* **REQUIRED WORK**: Say how many lines in the data hold "seen". Nothing else belongs in the answer.

┌────────

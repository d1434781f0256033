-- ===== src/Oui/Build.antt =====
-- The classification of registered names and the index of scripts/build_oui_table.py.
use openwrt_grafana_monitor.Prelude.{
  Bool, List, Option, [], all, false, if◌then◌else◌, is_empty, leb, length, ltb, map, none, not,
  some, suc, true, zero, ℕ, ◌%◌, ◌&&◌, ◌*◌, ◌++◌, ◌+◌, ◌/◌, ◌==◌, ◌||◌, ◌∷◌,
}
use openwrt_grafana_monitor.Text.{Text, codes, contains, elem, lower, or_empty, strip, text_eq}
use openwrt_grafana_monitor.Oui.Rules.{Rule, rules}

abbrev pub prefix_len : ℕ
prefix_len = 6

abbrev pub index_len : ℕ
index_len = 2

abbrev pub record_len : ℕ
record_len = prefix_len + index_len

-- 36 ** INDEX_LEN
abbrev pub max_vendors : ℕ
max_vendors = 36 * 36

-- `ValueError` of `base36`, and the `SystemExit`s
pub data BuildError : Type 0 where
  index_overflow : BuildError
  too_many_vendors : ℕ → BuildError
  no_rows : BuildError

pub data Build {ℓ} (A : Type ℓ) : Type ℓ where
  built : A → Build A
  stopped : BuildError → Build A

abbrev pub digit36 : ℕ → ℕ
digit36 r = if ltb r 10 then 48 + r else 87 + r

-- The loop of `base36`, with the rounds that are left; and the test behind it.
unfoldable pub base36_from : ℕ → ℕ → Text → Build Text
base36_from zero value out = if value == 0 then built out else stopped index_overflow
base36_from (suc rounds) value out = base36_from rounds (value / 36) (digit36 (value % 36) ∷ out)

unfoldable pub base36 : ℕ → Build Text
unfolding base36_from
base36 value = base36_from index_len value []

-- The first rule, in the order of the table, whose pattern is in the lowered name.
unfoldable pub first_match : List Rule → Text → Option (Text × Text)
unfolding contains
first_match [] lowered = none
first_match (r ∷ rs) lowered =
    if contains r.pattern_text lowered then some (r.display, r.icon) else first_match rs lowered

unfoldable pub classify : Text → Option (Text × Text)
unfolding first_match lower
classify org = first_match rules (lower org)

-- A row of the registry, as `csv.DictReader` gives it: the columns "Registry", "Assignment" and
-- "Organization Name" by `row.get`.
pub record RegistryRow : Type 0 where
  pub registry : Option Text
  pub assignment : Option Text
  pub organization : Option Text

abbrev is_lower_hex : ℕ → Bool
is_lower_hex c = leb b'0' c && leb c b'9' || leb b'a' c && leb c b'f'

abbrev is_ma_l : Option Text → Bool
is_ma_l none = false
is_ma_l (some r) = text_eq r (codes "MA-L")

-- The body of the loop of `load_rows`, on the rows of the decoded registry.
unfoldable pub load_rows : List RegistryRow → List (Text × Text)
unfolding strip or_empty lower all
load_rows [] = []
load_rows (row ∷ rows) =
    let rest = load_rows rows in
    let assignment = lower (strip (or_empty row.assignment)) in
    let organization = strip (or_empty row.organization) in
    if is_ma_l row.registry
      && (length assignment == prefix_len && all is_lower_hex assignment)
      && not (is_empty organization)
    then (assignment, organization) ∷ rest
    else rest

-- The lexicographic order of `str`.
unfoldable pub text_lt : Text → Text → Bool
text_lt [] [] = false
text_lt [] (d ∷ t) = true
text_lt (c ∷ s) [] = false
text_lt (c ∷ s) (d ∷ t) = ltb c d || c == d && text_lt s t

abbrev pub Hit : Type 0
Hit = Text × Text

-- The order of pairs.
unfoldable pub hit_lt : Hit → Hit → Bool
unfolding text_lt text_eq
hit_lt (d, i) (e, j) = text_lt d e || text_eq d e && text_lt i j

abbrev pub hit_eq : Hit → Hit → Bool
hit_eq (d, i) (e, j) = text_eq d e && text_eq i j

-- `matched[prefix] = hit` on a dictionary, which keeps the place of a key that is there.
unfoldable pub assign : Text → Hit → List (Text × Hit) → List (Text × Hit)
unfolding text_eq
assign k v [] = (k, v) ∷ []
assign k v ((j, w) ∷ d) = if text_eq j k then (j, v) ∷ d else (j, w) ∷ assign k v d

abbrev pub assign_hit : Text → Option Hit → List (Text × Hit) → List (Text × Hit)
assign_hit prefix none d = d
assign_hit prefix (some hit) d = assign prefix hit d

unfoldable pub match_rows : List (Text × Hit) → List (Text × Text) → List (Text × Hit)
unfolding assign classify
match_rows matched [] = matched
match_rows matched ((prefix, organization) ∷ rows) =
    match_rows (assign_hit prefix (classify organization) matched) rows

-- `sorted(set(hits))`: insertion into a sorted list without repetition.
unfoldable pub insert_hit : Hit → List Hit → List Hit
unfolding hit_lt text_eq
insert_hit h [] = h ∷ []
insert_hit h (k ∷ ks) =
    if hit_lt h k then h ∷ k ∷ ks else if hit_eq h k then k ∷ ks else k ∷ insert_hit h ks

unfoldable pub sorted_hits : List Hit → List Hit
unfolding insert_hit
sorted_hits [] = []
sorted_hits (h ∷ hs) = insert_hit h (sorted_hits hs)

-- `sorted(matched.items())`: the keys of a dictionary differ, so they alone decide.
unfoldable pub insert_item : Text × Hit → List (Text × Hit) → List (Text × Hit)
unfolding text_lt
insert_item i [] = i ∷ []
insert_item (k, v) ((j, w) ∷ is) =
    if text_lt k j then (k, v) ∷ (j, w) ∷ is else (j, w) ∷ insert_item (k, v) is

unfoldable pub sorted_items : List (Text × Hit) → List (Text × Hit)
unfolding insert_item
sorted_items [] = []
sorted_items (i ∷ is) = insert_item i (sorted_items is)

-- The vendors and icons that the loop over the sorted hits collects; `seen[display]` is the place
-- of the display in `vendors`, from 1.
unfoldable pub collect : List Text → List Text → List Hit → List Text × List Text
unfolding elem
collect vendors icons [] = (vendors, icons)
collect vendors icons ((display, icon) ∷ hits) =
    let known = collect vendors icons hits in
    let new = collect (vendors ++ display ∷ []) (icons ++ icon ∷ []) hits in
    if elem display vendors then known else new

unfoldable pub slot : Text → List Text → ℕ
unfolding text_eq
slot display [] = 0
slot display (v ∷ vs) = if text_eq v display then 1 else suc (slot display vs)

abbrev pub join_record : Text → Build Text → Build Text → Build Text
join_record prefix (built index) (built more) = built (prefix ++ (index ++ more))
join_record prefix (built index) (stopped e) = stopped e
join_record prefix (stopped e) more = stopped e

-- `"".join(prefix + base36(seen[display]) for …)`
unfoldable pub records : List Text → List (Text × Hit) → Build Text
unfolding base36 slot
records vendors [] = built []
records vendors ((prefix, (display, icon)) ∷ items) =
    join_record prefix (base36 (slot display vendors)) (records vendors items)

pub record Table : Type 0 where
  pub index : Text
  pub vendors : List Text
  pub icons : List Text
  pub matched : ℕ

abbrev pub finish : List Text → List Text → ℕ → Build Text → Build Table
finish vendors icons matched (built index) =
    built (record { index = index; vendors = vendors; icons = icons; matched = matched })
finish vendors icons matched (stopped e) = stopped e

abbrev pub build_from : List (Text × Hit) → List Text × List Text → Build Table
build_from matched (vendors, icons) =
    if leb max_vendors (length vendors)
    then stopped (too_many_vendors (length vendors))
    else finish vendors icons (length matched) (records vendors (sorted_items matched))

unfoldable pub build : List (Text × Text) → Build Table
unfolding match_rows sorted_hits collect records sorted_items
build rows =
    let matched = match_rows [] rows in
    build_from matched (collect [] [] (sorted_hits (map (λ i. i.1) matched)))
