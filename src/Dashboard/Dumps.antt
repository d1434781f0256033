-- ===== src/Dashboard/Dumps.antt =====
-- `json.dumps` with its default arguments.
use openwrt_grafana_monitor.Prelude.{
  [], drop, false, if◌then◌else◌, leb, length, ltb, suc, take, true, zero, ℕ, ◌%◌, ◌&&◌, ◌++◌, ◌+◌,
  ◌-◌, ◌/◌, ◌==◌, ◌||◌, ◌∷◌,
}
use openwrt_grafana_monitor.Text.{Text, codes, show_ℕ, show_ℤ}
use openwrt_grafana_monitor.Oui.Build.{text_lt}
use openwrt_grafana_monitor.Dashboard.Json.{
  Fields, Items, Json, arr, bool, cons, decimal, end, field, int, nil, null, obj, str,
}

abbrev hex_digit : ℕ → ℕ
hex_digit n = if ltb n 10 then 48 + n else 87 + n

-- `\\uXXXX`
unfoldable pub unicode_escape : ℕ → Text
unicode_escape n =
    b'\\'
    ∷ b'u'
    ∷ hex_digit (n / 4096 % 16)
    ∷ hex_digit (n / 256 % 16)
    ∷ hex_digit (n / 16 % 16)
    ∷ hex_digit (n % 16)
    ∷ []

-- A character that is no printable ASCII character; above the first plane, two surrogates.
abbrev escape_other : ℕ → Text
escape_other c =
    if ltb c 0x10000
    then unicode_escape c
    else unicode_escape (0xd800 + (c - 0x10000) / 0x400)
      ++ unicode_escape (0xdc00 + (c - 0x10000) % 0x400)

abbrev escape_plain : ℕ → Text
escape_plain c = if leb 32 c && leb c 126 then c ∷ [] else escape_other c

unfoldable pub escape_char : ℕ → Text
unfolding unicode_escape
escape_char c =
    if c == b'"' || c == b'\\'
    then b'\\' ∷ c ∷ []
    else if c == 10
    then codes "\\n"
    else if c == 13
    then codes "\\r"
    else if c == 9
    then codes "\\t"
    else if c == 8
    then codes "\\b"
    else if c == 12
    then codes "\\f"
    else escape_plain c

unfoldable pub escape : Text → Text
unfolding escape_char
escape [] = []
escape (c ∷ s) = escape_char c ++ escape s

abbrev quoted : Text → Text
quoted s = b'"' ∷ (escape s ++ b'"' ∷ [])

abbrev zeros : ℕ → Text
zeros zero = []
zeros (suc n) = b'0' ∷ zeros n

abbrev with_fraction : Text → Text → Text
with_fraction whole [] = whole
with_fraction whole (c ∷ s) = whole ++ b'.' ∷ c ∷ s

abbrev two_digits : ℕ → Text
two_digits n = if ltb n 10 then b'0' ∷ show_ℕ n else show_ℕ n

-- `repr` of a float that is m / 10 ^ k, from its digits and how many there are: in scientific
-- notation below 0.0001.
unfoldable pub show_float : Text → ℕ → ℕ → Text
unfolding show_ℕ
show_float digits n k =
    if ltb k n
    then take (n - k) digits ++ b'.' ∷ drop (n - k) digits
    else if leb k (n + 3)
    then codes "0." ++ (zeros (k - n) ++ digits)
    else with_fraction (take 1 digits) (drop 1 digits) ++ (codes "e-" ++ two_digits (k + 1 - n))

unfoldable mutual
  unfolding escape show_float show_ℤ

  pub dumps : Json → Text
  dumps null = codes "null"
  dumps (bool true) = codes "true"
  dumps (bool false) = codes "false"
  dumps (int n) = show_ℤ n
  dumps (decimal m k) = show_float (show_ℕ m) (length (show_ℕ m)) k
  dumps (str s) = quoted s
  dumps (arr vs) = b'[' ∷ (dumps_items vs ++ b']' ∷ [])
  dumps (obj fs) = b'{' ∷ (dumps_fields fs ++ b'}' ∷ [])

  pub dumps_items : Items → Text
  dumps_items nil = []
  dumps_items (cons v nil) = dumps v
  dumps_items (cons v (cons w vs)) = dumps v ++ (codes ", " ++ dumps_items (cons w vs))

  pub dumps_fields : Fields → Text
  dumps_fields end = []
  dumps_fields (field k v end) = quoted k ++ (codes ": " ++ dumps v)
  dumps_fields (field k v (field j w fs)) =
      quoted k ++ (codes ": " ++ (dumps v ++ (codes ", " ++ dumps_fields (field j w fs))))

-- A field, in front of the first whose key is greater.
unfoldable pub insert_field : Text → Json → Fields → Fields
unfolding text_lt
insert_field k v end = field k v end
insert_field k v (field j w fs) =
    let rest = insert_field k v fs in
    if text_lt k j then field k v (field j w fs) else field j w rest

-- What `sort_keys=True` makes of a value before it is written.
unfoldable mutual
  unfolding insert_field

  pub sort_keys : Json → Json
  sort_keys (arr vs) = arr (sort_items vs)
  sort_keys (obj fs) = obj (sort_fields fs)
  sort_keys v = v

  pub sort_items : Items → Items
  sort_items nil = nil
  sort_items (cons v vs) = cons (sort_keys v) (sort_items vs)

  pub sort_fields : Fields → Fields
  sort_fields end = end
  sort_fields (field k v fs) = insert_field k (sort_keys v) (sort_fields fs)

└────────

* **RESPONSE AREA**: 2